# Easy Beginner Wine



## Tom_S (Oct 31, 2012)

This is the basic recipe I recommend for anyone starting out wanting to make wine. It's the recipe I use whenever I want to make a basic red Concord wine. I love the flavor that the Montrachet yeast gives to the wine.

Easy Beginner's Wine

This is for a 1 gallon batch, increase all amounts by five for a five gallon batch, except for the yeast.

1 gallon Sam's club or Welch's red or white grape juice
2 cups sugar
1 tsp. yeast nutrient
1 packet Red Star Montrachet wine yeast
1/2 tsp. potassium sorbate (if wine is to be sweetened)
1 campden tablet (potassium metabisulfite)

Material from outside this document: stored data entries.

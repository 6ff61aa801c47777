-- ===== src/Chat/Thread.antt =====
-- apps/api/src/modules/chat: the two use cases and prisma-chat.repository.ts. The messages of a chat
-- stand in the order of `createdAt` and `id` descending, the newest first. The sender's name, and the
-- ids of new rows, are arguments.
use elonew.Base.{
  ℕ, zero, suc, String, Bool, true, false, not, ◌&&◌, List, [], ◌∷◌, ◌++◌, Option, none, some, same,
  holds_text, is_some, length, or_else, if◌then◌else◌, ltb, Dict, lookup, insert,
}
use elonew.Common.Errors.{
  ok, chat_order_not_found, chat_forbidden, chat_not_writable, chat_message_not_found,
}
use elonew.Common.Action.{Action, ◌>>=◌, ◌>>◌, pure, gets, or_throw, throw_if}
use elonew.Inbox.Store.{Notification, NotificationPayload, Inbox, new_row, upsert}
use elonew.Orders.Status.{OrderStatus, is_status}
use elonew.Tickets.Entity.{Role, client, booster, admin}

-- `ChatMessageRecord`, with the sender's id and name; the chat and its order are the table's key.
pub record ChatMessage : Type 0 where
  pub id : String
  pub sender_id : String
  pub sender_username : String
  pub content : String
  pub created_at : ℕ

-- `ChatOrderRecord`
pub record ChatOrder : Type 0 where
  pub client_id : Option String
  pub booster_id : Option String
  pub status : OrderStatus
  pub chat_id : Option String

-- The tables of the chats, and the notifications with their events.
pub record Chats : Type 0 where
  pub orders : Dict ChatOrder
  pub messages : Dict (List ChatMessage)
  pub inbox : Inbox

abbrev pub messages_of : String → Chats → List ChatMessage
messages_of chat c = or_else (lookup chat c.messages) []

-- `buildChatNotificationPayload`
abbrev pub build_chat_notification_payload : String → ChatMessage → NotificationPayload
build_chat_notification_payload order m = record {
  order_id = order;
  chat_message_id = m.id;
  sender_id = m.sender_id;
  sender_username = m.sender_username;
}

-- The row that the upsert of a message's notification would create.
abbrev pub notification_of : String → String → String → ChatMessage → Notification
notification_of id recipient order m =
    new_row id recipient order (build_chat_notification_payload order m) m.created_at

-- `createMessageWithNotification`: one transaction.
unfoldable pub create_message_with_notification :
    String → String → String → ChatMessage → Option String → Action Chats ChatMessage
create_message_with_notification chat order notification m recipient c = (
  ok m,
  record c {
    messages = insert chat (m ∷ messages_of chat c) c.messages;
    inbox = elim recipient [
      | none ↦ c.inbox
      | some r ↦ (upsert (notification_of notification r order m) c.inbox).1
    ];
  },
)

-- `canRead` and `canWrite`, an administrator apart
unfoldable pub is_side : Role → String → ChatOrder → Bool
is_side client user o = holds_text o.client_id user
is_side booster user o = holds_text o.booster_id user
is_side admin user o = false

abbrev pub is_admin : Role → Bool
is_admin admin = true
is_admin client = false
is_admin booster = false

-- `getRecipientId`
unfoldable pub get_recipient_id : Role → String → ChatOrder → Option String
get_recipient_id client user o = if holds_text o.client_id user then o.booster_id else none
get_recipient_id booster user o = if holds_text o.booster_id user then o.client_id else none
get_recipient_id admin user o = none

-- send-chat-message.use-case.ts
unfoldable pub send_chat_message :
    String → String → String → String → Role → String → String → ℕ → Action Chats ChatMessage
unfolding create_message_with_notification
send_chat_message id notification user username role order_id content now = do
  found ← gets (λ c. lookup order_id c.orders)
  order ← or_throw found chat_order_not_found
  throw_if (is_admin role) chat_forbidden
  throw_if (not (is_side role user order)) chat_order_not_found
  throw_if (not (is_status order.status OrderStatus.in_progress)) chat_not_writable
  chat ← or_throw order.chat_id chat_order_not_found
  create_message_with_notification chat order_id notification
      (record {
        id = id;
        sender_id = user;
        sender_username = username;
        content = content;
        created_at = now;
      })
      (get_recipient_id role user order)

-- `take`, and `slice(0, limit)`
unfoldable pub take {ℓ} : {A : Type ℓ} → ℕ → List A → List A
take zero xs = []
take (suc n) [] = []
take (suc n) (x ∷ xs) = x ∷ take n xs

unfoldable pub reverse {ℓ} : {A : Type ℓ} → List A → List A
reverse [] = []
reverse (x ∷ xs) = reverse xs ++ (x ∷ [])

-- `cursor: { id }, skip: 1`: what comes after the message, if there is one of that id.
unfoldable pub after_message : String → List ChatMessage → Option (List ChatMessage)
after_message id [] = none
after_message id (m ∷ ms) = let rest = after_message id ms in if same m.id id then some ms else rest

unfoldable pub last_id : List ChatMessage → Option String
last_id [] = none
last_id (m ∷ ms) = let rest = last_id ms in if is_some rest then rest else some m.id

-- `ListChatMessagesOutput`
pub record MessagePage : Type 0 where
  pub items : List ChatMessage
  pub next_cursor : Option String

-- The answer of `listMessages` from the rows at and after the cursor.
unfoldable pub page_of : ℕ → List ChatMessage → MessagePage
page_of limit rows =
    let fetched = take (suc limit) rows in
    let page = take limit fetched in
    record {
      items = reverse page;
      next_cursor = if ltb limit (length fetched) then last_id page else none;
    }

-- The rows that `findMany` starts from.
unfoldable pub from_cursor : Option String → List ChatMessage → Option (List ChatMessage)
from_cursor none rows = some rows
from_cursor (some id) rows = after_message id rows

-- `listMessages`
unfoldable pub list_messages : String → ℕ → Option String → Action Chats MessagePage
unfolding from_cursor page_of
list_messages chat limit cursor = do
  rows ← gets (λ c. from_cursor cursor (messages_of chat c))
  found ← or_throw rows chat_message_not_found
  pure (page_of limit found)

-- list-chat-messages.use-case.ts
unfoldable pub list_chat_messages :
    String → Role → String → ℕ → Option String → Action Chats MessagePage
unfolding list_messages
list_chat_messages user role order_id limit cursor = do
  found ← gets (λ c. lookup order_id c.orders)
  order ← or_throw found chat_order_not_found
  throw_if (not (is_admin role) && not (is_side role user order)) chat_order_not_found
  elim order.chat_id [
    | none ↦ pure (record { items = []; next_cursor = none })
    | some chat ↦ list_messages chat limit cursor
  ]
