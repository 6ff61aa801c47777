-- ===== src/Chat/Notices.antt =====
-- The unread counts that the users of the chats are told, message after message and reading after reading.
-- Code: apps/api/src/modules/chat and apps/api/src/modules/notifications
use mathlib.Core.Path.{subst}
use elonew.Base.{
  ℕ, String, All, Option, none, some, inl, inr, ◌⊎◌, ◌≡◌, ◌≢◌, refl, sym, Bool-cases, Option-cases,
  lookup,
}
use elonew.Orders.Status.{OrderStatus, is_status}
use elonew.Inbox.Store.{NotificationPayload, Inbox, MarkReadInput, count_unread}
use elonew.Inbox.UseCases.{
  upsert_chat_notification, mark_notification_read, mark_all_notifications_read,
}
use elonew.Inbox.Badge.{told, IsTold, upsert-IsTold, mark_read-IsTold, mark_all_read-IsTold}
use elonew.Chat.Thread.{
  ChatMessage, Chats, is_admin, is_side, get_recipient_id, create_message_with_notification,
  send_chat_message,
}
use elonew.Tickets.Entity.{Role}

-- No notification has the id.
abbrev pub IsFresh : String → Inbox → Type 0
IsFresh id s = All (λ n. n.id ≢ id) s.notifications

-- What the users and the chat do to the notifications, one call at a time.
pub data Move : Chats → Chats → Type 0 where
  send :
      (c : Chats) (id notification user username order content : String) (role : Role) (now : ℕ)
      → IsFresh notification c.inbox
      → Move c (send_chat_message id notification user username role order content now c).1
  notify :
      (c : Chats) (id recipient : String) (payload : NotificationPayload) (now : ℕ)
      → IsFresh id c.inbox
      → Move c (record c { inbox = (upsert_chat_notification id recipient payload now c.inbox).1 })
  read :
      (c : Chats) (i : MarkReadInput)
      → Move c (record c { inbox = (mark_notification_read i c.inbox).1 })
  read_every :
      (c : Chats) (user : String) (at : ℕ)
      → Move c (record c { inbox = (mark_all_notifications_read user at c.inbox).1 })

pub data Moves (c : Chats) : Chats → Type 0 where
  start : Moves c c
  after : {d e : Chats} → Moves c d → Move d e → Moves c e

create_message-IsTold :
    (chat order notification : String) (m : ChatMessage) (recipient : Option String) (c : Chats)
    → IsFresh notification c.inbox
    → IsTold c.inbox
    → IsTold (create_message_with_notification chat order notification m recipient c).1.inbox
unfolding create_message_with_notification
create_message-IsTold chat order notification m none c fresh t = t
create_message-IsTold chat order notification m (some r) c fresh t = upsert-IsTold _ c.inbox fresh t

-- A call sends or leaves everything as it was.
send-outcome :
    (c : Chats) (id notification user username order content : String) (role : Role) (now : ℕ)
    → let c' = (send_chat_message id notification user username role order content now c).1 in
      (c' ≡ c)
      ⊎ ((chat : String) × (m : ChatMessage) × (recipient : Option String) × (c'
            ≡ (create_message_with_notification chat order notification m recipient c).1))
unfolding send_chat_message
send-outcome c id notification user username order content role now =
    elim (Option-cases (lookup order c.orders)) [
      | inl gone ↦ inl (rw gone refl)
      | inr (o, found) ↦ elim (Bool-cases (is_admin role)) [
        | inl staff ↦ inl (rw (found, staff) refl)
        | inr party ↦ elim (Bool-cases (is_side role user o)) [
          | inr foreign ↦ inl (rw (found, party, foreign) refl)
          | inl own ↦ elim (Bool-cases (is_status o.status OrderStatus.in_progress)) [
            | inr closed ↦ inl (rw (found, party, own, closed) refl)
            | inl going ↦ elim (Option-cases o.chat_id) [
              | inl no_chat ↦ inl (rw (found, party, own, going, no_chat) refl)
              | inr (chat, e) ↦ inr (
                chat,
                record {
                  id = id;
                  sender_id = user;
                  sender_username = username;
                  content = content;
                  created_at = now;
                },
                get_recipient_id role user o,
                rw (found, party, own, going, e) refl,
              )
            ]
          ]
        ]
      ]
    ]

send-IsTold :
    (c : Chats) (id notification user username order content : String) (role : Role) (now : ℕ)
    → IsFresh notification c.inbox
    → IsTold c.inbox
    → IsTold (send_chat_message id notification user username role order content now c).1.inbox
send-IsTold c id notification user username order content role now fresh t =
    elim (send-outcome c id notification user username order content role now) [
      | inl same_chats ↦ subst (λ (d : Chats). IsTold d.inbox) (sym same_chats) t
      | inr (chat, m, recipient, sent) ↦
          subst (λ (d : Chats). IsTold d.inbox) (sym sent)
            (create_message-IsTold chat order notification m recipient c fresh t)
    ]

Move-IsTold : {c d : Chats} → Move c d → IsTold c.inbox → IsTold d.inbox
unfolding upsert_chat_notification mark_notification_read mark_all_notifications_read
Move-IsTold (send c id notification user username order content role now fresh) t =
    send-IsTold c id notification user username order content role now fresh t
Move-IsTold (notify c id recipient payload now fresh) t = upsert-IsTold _ c.inbox fresh t
Move-IsTold (read c i) t = mark_read-IsTold i c.inbox t
Move-IsTold (read_every c user at) t = mark_all_read-IsTold user at at c.inbox t

Moves-IsTold : {c d : Chats} → Moves c d → IsTold c.inbox → IsTold d.inbox
Moves-IsTold start t = t
Moves-IsTold (after ms m) t = Move-IsTold m (Moves-IsTold ms t)

-- Whatever is sent and read, in any order, every user's latest event carries the number of their
-- unread notifications, and a user without an event has none: from a start at which this is so, where
-- no two notifications have one id, and where a new notification is given an id that none has.
pub badge_in_sync :
    {c d : Chats} (user : String)
    → IsTold c.inbox
    → Moves c d
    → told user d.inbox.outbox ≡ count_unread user d.inbox.notifications
badge_in_sync user t ms = (Moves-IsTold ms t).counted user
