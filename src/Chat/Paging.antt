-- ===== src/Chat/Paging.antt =====
-- What a reader collects who follows the cursors of a chat from page to page.
-- Code: apps/api/src/modules/chat/infrastructure/repositories/prisma-chat.repository.ts
use elonew.Base.{
  ℕ, zero, suc, ◌+◌, ◌<◌, ◌≤◌, String, true, List, [], ◌∷◌, ◌++◌, Option, none, some, All, inl, inr,
  is_some, ltb, length, false, ◌≡◌, ◌≢◌, refl, sym, ◌∙◌, ap, arith, same, Bool-cases, ltb→lt,
  lt→ltb, eq_iff, eq_refl,
}
use mathlib.Core.List.{append-nil, append_assoc}
use elonew.Common.Errors.{ok, err}
use elonew.Chat.Thread.{
  ChatMessage, Chats, messages_of, take, reverse, after_message, last_id, page_of, from_cursor,
  list_messages,
}

-- No two messages have the same id.
unfoldable pub Distinct : List ChatMessage → Type 0
Distinct [] = Unit
Distinct (m ∷ ms) = All (λ f. f.id ≢ m.id) ms × Distinct ms

unfoldable drop : ℕ → List ChatMessage → List ChatMessage
drop zero ms = ms
drop (suc n) [] = []
drop (suc n) (m ∷ ms) = drop n ms

Distinct-drop : (n : ℕ) (ms : List ChatMessage) → Distinct ms → Distinct (drop n ms)
unfolding Distinct drop
Distinct-drop zero ms h = h
Distinct-drop (suc n) [] h = tt
Distinct-drop (suc n) (m ∷ ms) h = Distinct-drop n ms h.1

after-absent :
    (id : String) (ms : List ChatMessage) → All (λ f. f.id ≢ id) ms → after_message id ms ≡ none
unfolding after_message
after-absent id [] h = refl
after-absent id (m ∷ ms) h = elim (Bool-cases (same m.id id)) [
  | inl at ↦ absurd (h.0 ((eq_iff m.id id).0 at))
  | inr other ↦ rw other (after-absent id ms h.1)
]

after-tail :
    (id : String) (m : ChatMessage) (ms : List ChatMessage)
    → All (λ f. f.id ≢ m.id) ms
    → is_some (after_message id ms) ≡ true
    → after_message id (m ∷ ms) ≡ after_message id ms
unfolding after_message
after-tail id m ms fresh h = elim (Bool-cases (same m.id id)) [
  | inl at ↦
      let gone : after_message id ms ≡ none =
        rw (← ((eq_iff m.id id).0 at)) (after-absent m.id ms fresh) in
      absurd (cc (h, gone))
  | inr other ↦ rw other refl
]

after-drop :
    (id : String) (n : ℕ) (ms : List ChatMessage)
    → Distinct ms
    → is_some (after_message id (drop n ms)) ≡ true
    → after_message id ms ≡ after_message id (drop n ms)
unfolding Distinct drop
after-drop id zero ms h at = refl
after-drop id (suc n) [] h at = refl
after-drop id (suc n) (m ∷ ms) h at =
    let step = after-drop id n ms h.1 at in after-tail id m ms h.0 (ap is_some step ∙ at) ∙ step

-- After the last message of a page comes what the page has left out.
after-page :
    (n : ℕ) (ms : List ChatMessage)
    → Distinct ms
    → n < length ms
    → (id : String) × (last_id (take (suc n) ms) ≡ some id)
      × (after_message id ms ≡ some (drop (suc n) ms))
unfolding Distinct drop take last_id after_message
after-page n [] h le = absurd (omega arith)
after-page zero (m ∷ ms) h le = (m.id, refl, rw (eq_refl m.id) refl)
after-page (suc n) (m ∷ ms) h le =
    let (id, last, found) = after-page n ms h.1 (omega arith) in
    (id, rw last refl, after-tail id m ms h.0 (rw found refl) ∙ found)

reverse-drop :
    (n : ℕ) (ms : List ChatMessage) → reverse (drop n ms) ++ reverse (take n ms) ≡ reverse ms
unfolding reverse drop take
reverse-drop zero ms = append-nil (reverse ms)
reverse-drop (suc n) [] = refl
reverse-drop (suc n) (m ∷ ms) =
    sym (append_assoc (reverse (drop n ms)) (reverse (take n ms)) (m ∷ []))
    ∙ ap (λ r. r ++ (m ∷ [])) (reverse-drop n ms)

take-take : (n : ℕ) (ms : List ChatMessage) → take n (take (suc n) ms) ≡ take n ms
unfolding take
take-take zero ms = refl
take-take (suc n) [] = refl
take-take (suc n) (m ∷ ms) = ap (λ r. m ∷ r) (take-take n ms)

length-drop : (n : ℕ) (ms : List ChatMessage) → n ≤ length ms → length (drop n ms) + n ≡ length ms
unfolding drop
length-drop zero ms le = omega arith
length-drop (suc n) [] le = absurd (omega arith)
length-drop (suc n) (m ∷ ms) le = omega (arith, length-drop n ms (omega arith))

take-all : (n : ℕ) (ms : List ChatMessage) → length ms ≤ n → take n ms ≡ ms
unfolding take
take-all zero [] le = refl
take-all zero (m ∷ ms) le = absurd (omega arith)
take-all (suc n) [] le = refl
take-all (suc n) (m ∷ ms) le = rw (take-all n ms (omega arith))

-- The row beyond the page tells whether there is more.
more : (n : ℕ) (ms : List ChatMessage) → ltb n (length (take (suc n) ms)) ≡ ltb n (length ms)
unfolding take
more zero [] = refl
more zero (m ∷ ms) = ground arith
more (suc n) [] = refl
more (suc n) (m ∷ ms) = ground (arith, more n ms)

-- Page after page, from a cursor to the first message of the chat, the older ones before the newer.
unfoldable pub read_pages : ℕ → String → ℕ → Option String → Chats → List ChatMessage
read_pages zero chat limit cursor c = []
read_pages (suc n) chat limit cursor c = elim (list_messages chat limit cursor c).0 [
  | err e ↦ []
  | ok page ↦
      elim page.next_cursor [ none ↦ [] | some id ↦ read_pages n chat limit (some id) c ]
      ++ page.items
]

-- The rest of the chat that a cursor leads to.
unfoldable Rest : List ChatMessage → Option String → List ChatMessage → Type 0
Rest all cursor rows =
    (from_cursor cursor all ≡ some rows)
    × Distinct rows
    × ((id : String)
        → is_some (after_message id rows) ≡ true
        → after_message id all ≡ after_message id rows)

Rest-next :
    (all rows : List ChatMessage) (cursor : Option String) (n : ℕ)
    → Rest all cursor rows
    → n < length rows
    → (id : String) × (last_id (take (suc n) rows) ≡ some id)
      × Rest all (some id) (drop (suc n) rows)
unfolding Rest from_cursor
Rest-next all rows cursor n (found, distinct, same_rest) lt =
    let (id, last, after) = after-page n rows distinct lt in
    (
      id,
      last,
      (
        same_rest id (rw after refl) ∙ after,
        Distinct-drop (suc n) rows distinct,
        λ j at.
            let step = after-drop j (suc n) rows distinct at in
            same_rest j (ap is_some step ∙ at) ∙ step,
      ),
    )

page_of-next :
    (limit : ℕ) (rows : List ChatMessage) (id : String)
    → limit < length rows
    → last_id (take limit rows) ≡ some id
    → (page_of limit rows).next_cursor ≡ some id
unfolding page_of
page_of-next limit rows id lt last =
    rw (more limit rows, lt→ltb limit (length rows) lt, take-take limit rows) last

page_of-items :
    (limit : ℕ) (rows : List ChatMessage) → (page_of limit rows).items ≡ reverse (take limit rows)
unfolding page_of
page_of-items limit rows = rw (take-take limit rows) refl

page_of-last :
    (limit : ℕ) (rows : List ChatMessage)
    → ltb limit (length rows) ≡ false
    → page_of limit rows ≡ record { items = reverse rows; next_cursor = none }
unfolding page_of
page_of-last limit rows few =
    rw (more limit rows, few, take-take limit rows, take-all limit rows (ground (arith, few))) refl

list_messages-rows :
    (chat : String) (limit : ℕ) (cursor : Option String) (c : Chats) (rows : List ChatMessage)
    → from_cursor cursor (messages_of chat c) ≡ some rows
    → (list_messages chat limit cursor c).0 ≡ ok (page_of limit rows)
unfolding list_messages
list_messages-rows chat limit cursor c rows found = rw found refl

read_pages-Rest :
    (n : ℕ) (chat : String) (k : ℕ) (cursor : Option String) (c : Chats) (rows : List ChatMessage)
    → Rest (messages_of chat c) cursor rows
    → length rows ≤ n
    → read_pages n chat (suc k) cursor c ≡ reverse rows
unfolding read_pages reverse Rest
read_pages-Rest zero chat k cursor c [] rest le = refl
read_pages-Rest zero chat k cursor c (m ∷ ms) rest le = absurd (omega arith)
read_pages-Rest (suc n) chat k cursor c rows rest le =
    elim (Bool-cases (ltb (suc k) (length rows))) [
      | inl big ↦
          let (id, last, next) =
            Rest-next (messages_of chat c) rows cursor k rest
              (omega (arith, ltb→lt (suc k) (length rows) big)) in
          let few : length (drop (suc k) rows) ≤ n =
            omega
              (arith, length-drop (suc k) rows (omega (arith, ltb→lt (suc k) (length rows) big))) in
          rw
            (
              read_pages,
              list_messages-rows chat (suc k) cursor c rows rest.0,
              page_of-next (suc k) rows id (ltb→lt (suc k) (length rows) big) last,
              read_pages-Rest n chat k (some id) c (drop (suc k) rows) next few,
              page_of-items (suc k) rows,
            )
            (reverse-drop (suc k) rows)
      | inr few ↦
          rw
            (
              read_pages,
              list_messages-rows chat (suc k) cursor c rows rest.0,
              page_of-last (suc k) rows few,
            )
            refl
    ]

-- A reader who follows the cursors of a chat without two messages of one id, with pages of at least
-- one message, collects every message once, in the order in which they were sent: as many pages as
-- there are messages are enough.
pub read_pages_complete :
    (chat : String) (limit : ℕ) (c : Chats)
    → 1 ≤ limit
    → Distinct (messages_of chat c)
    → read_pages (length (messages_of chat c)) chat limit none c ≡ reverse (messages_of chat c)
unfolding Rest from_cursor
read_pages_complete chat zero c le distinct = absurd (omega arith)
read_pages_complete chat (suc k) c le distinct =
    read_pages-Rest (length (messages_of chat c)) chat k none c (messages_of chat c)
      (refl, distinct, λ id at. refl) (omega arith)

Pour most of the gallon of juice into a clean 1 gallon glass jug. Add sugar a little at a time and stir until it dissolves. You may need more or less than 2 cups to get an SG reading of 1.098 on a hydrometer, or 13% potential alcohol reading. Once enough sugar has been added, add the yeast nutrient and stir in. Add yeast by sprinkling on top of juice, it is not necessary to stir in. Cover mouth of jug with dry cloth or paper towel. After about 24 hours, the must should start bubbling. Once it is bubbling vigorously, top up with remaining juice, add airlock & ferment between 65-75 degrees for 7 days. Rack into a second jug and let set for about two weeks or until clear. Rack again being careful to avoid picking up yeast sediment on bottom of jug. Add sugar if desired for sweetness, or leave dry. If sugar is added, add 1/2 tsp. potassium sorbate to prevent refermentation. Add 1 potassium metabisulfite (campden) tablet per gallon by crushing tablet between two spoons & stirring into wine. Let set for about 3-6 months until acid crystals form & settle in bottom of jug with fine yeast residue. Rack again (filter if available or needed) into clean jug. Degas wine if needed by stirring vigorously or by creating a vacuum in jug. Add 1 campden tablet per gallon after degassing. Wine may be bottled after 24 hours or left to age in jug several more months before bottling.


----------



## Julie (Oct 31, 2012)

instead of stirring to dissolve sugar in the juice, take some of the juice out and heat that up, add the sugar to the heated juice, stir until dissolved then add back to the remaining wine.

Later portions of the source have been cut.